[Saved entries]
<<<<
-- ===== src/Explorer/Defs.antt =====
-- The panel's state, its search, and its handlers.
mod Search
mod State
mod Opening
mod Menus
mod Objects
unfoldable pub use Search.*
unfoldable pub use State.*
unfoldable pub use Opening.*
unfoldable pub use Menus.*
unfoldable pub use Objects.*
>>>>
Your goal:
This exercise asks for an exact repeat of the lines from the one holding "mod Opening" through the end of the data above.

Written solution:
mod Opening
mod Menus
mod Objects
unfoldable pub use Search.*
unfoldable pub use State.*
unfoldable pub use Opening.*
unfoldable pub use Menus.*
unfoldable pub use Objects.*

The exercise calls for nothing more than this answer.